À l'été 1926, un ingénieur américain employé aux Bell Telephone Laboratories, Albert L. Thuras, dépose le brevet d'un haut-parleur électrodynamique à pavillon exponentiel et directionnel de grande dimension. L'appareil est utilisé avec succès à New York pour la première du film musical Vitaphone Don Juan (Alan Crosland). Pièce rarissime, le Western Electric 555W Receiver, avec son pavillon en bois haut de 2 mètres, devient l'un des appareils les plus mythiques de l'histoire du cinéma et contribue largement à la propagation des films « 100 % sonores et chantants ». Certaines salles vont jusqu'à placer 12 haut-parleurs derrière l'écran pour diffuser le son.
Fabriqué à Rotterdam en 1929, ce projecteur 35 mm sonore est équipé d'un tourne-disque pour le système Vitaphone et d'un lecteur de son optique type Movietone. Très rare, ce modèle est le fruit d'une collaboration laborieuse entre les chercheurs, les fabricants d'équipements cinématographiques et le monde de la finance. Le Vitaphone a été utilisé pour des longs métrages et près de 2 000 courts métrages produits par la Warner Bros. entre 1926 et 1930. Mais ce procédé est très rapidement abandonné au profit du son optique sur film.
Présenté le 6 octobre 1927 à New York, The Jazz Singer (Le Chanteur de jazz) d'Alan Crosland allait révolutionner l'industrie cinématographique. « You ain't heard nothin' yet! » (« Vous n'avez encore rien entendu ! »), lance l'acteur Al Jolson au public avant d'entamer une chanson. Deux petites minutes de dialogues synchronisés grâce au système de disques Vitaphone fascinent les foules. Le film rapporte deux millions et demi de dollars, pour un coût de cinq cent mille.
En 1934, la Mitchell Camera Corporation met au point la première « BNC » (Blimped Noiseless Camera). Enfermée dans un caisson insonorisé (blimp), cette incontournable caméra 35 mm est utilisée à partir de 1937 et pendant plus de trente ans dans tous les studios de cinéma.

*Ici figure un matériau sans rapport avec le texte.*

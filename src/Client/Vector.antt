-- ===== src/Client/Vector.antt =====
-- `std::vector<uint8_t>`, as far as the clients use it.
use platform_external_nos_ho.Base.{
  ℕ, ◌-◌, ◌≤◌, List, ◌++◌, length, take, replicate, leb, if◌then◌else◌,
}

-- The elements, and how many there is room for.
pub record Vector : Type 0 where
  pub bytes : List ℕ
  pub capacity : ℕ

-- `resize`: new elements are 0. Where the vector has to grow, the allocator gives what is asked for.
unfoldable pub resize : Vector → ℕ → Vector
resize v n = record {
  bytes = take n v.bytes ++ replicate (n - length v.bytes) 0;
  capacity = if leb n v.capacity then v.capacity else n;
}

-- The elements fit the room.
abbrev pub IsVector : Vector → Type 0
IsVector v = length v.bytes ≤ v.capacity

Gregg Toland tourne avec ce modèle, fabriqué de 1938 à 1967, le Citizen Kane d'Orson Welles (1939). Jean-Luc Godard et Raoul Coutard la célèbrent dans Le Mépris (1963). Au lendemain de la Seconde Guerre mondiale, la firme californienne souligne que « 85% des films projetés dans le monde entier sont filmés par une Mitchell ».
Conçu en 1934 à la demande des musiciens Reynaldo Hahn, Gabriel Pierné et Maurice Ravel, ce haut-parleur de cinéma a été mis au point par Reynaldo Hahn et Gabriel Fauré. Il est constitué de 60 tuyaux en bois allant jusqu'à 85 cm de hauteur. Le son est diffusé par un haut-parleur électrodynamique situé dans le socle de l'appareil.
Inventé par l'ingénieur suisse d'origine polonaise Stefan Kudelski en 1951, l'enregistreur Nagra fonctionne à piles. Solide et léger, l'appareil offre la même qualité sonore que les gros enregistreurs de studio, tout en s'allégeant des nombreux câbles et du « camion son » nécessaires auparavant. Rapidement adopté par tous les ingénieurs du son, il révolutionne le métier.
Dès la fin 1896, la notion de « cinéma pour tous » apparaît grâce à la caméra réversible (pouvant servir aussi de tireuse et de projecteur) dite Kinétographe pour amateur : « Faites vos bandes négatives et positives, faites chez vous des projections animées. » Cet appareil fonctionne encore avec de la pellicule 35 mm professionnelle. Les formats inférieurs, précisément destinés à la clientèle des amateurs, voient le jour à partir de 1898 avec le Birtac, le Pathé-Kok ou le Edison Home Kinetoscope. Mais c'est le triomphe de la Pathé-Baby en 1922 et du format 16 mm lancé par Kodak en 1923, qui fait entrer le cinéma dans les foyers, peu avant le Televisor, ancêtre de notre télévision, inventé par l'Écossais John Logie Baird en 1926.
Avec son format 9,5 mm, cette petite caméra à manivelle au fonctionnement d'une simplicité enfantine, ravit l'amateur qui peut désormais réaliser ses propres vues. Des usines de tirage s'ouvrent partout en Europe et sur le continent américain. Les modèles se perfectionnent chaque année (muets, sonores). Les accessoires se multiplient (agrandisseurs, porte-filtres, titreuses, écrans, trépieds…).
L'idée d'un format 16 mm pour amateurs naît en 1914 dans les laboratoires Kodak. Trois ans plus tard, la caméra Cine-Kodak Model A est commercialisée. Robuste et de bonne qualité, elle permet d'enregistrer 30 m de film 16 mm. Suivront des centaines de modèles différents de caméras et de projecteurs. George Eastman lance en 1928 un film 16 mm couleur, le magnifique procédé Kodacolor (la firme allemande Agfa introduira en 1932 un procédé analogue, l'Agfacolor). Avec le parlant, le 16 mm est très vite pourvu d'une piste sonore optique. Au cours des années 1950, il devient le format préféré des documentaristes, de la télévision, du cinéma-vérité et de l'expérimental.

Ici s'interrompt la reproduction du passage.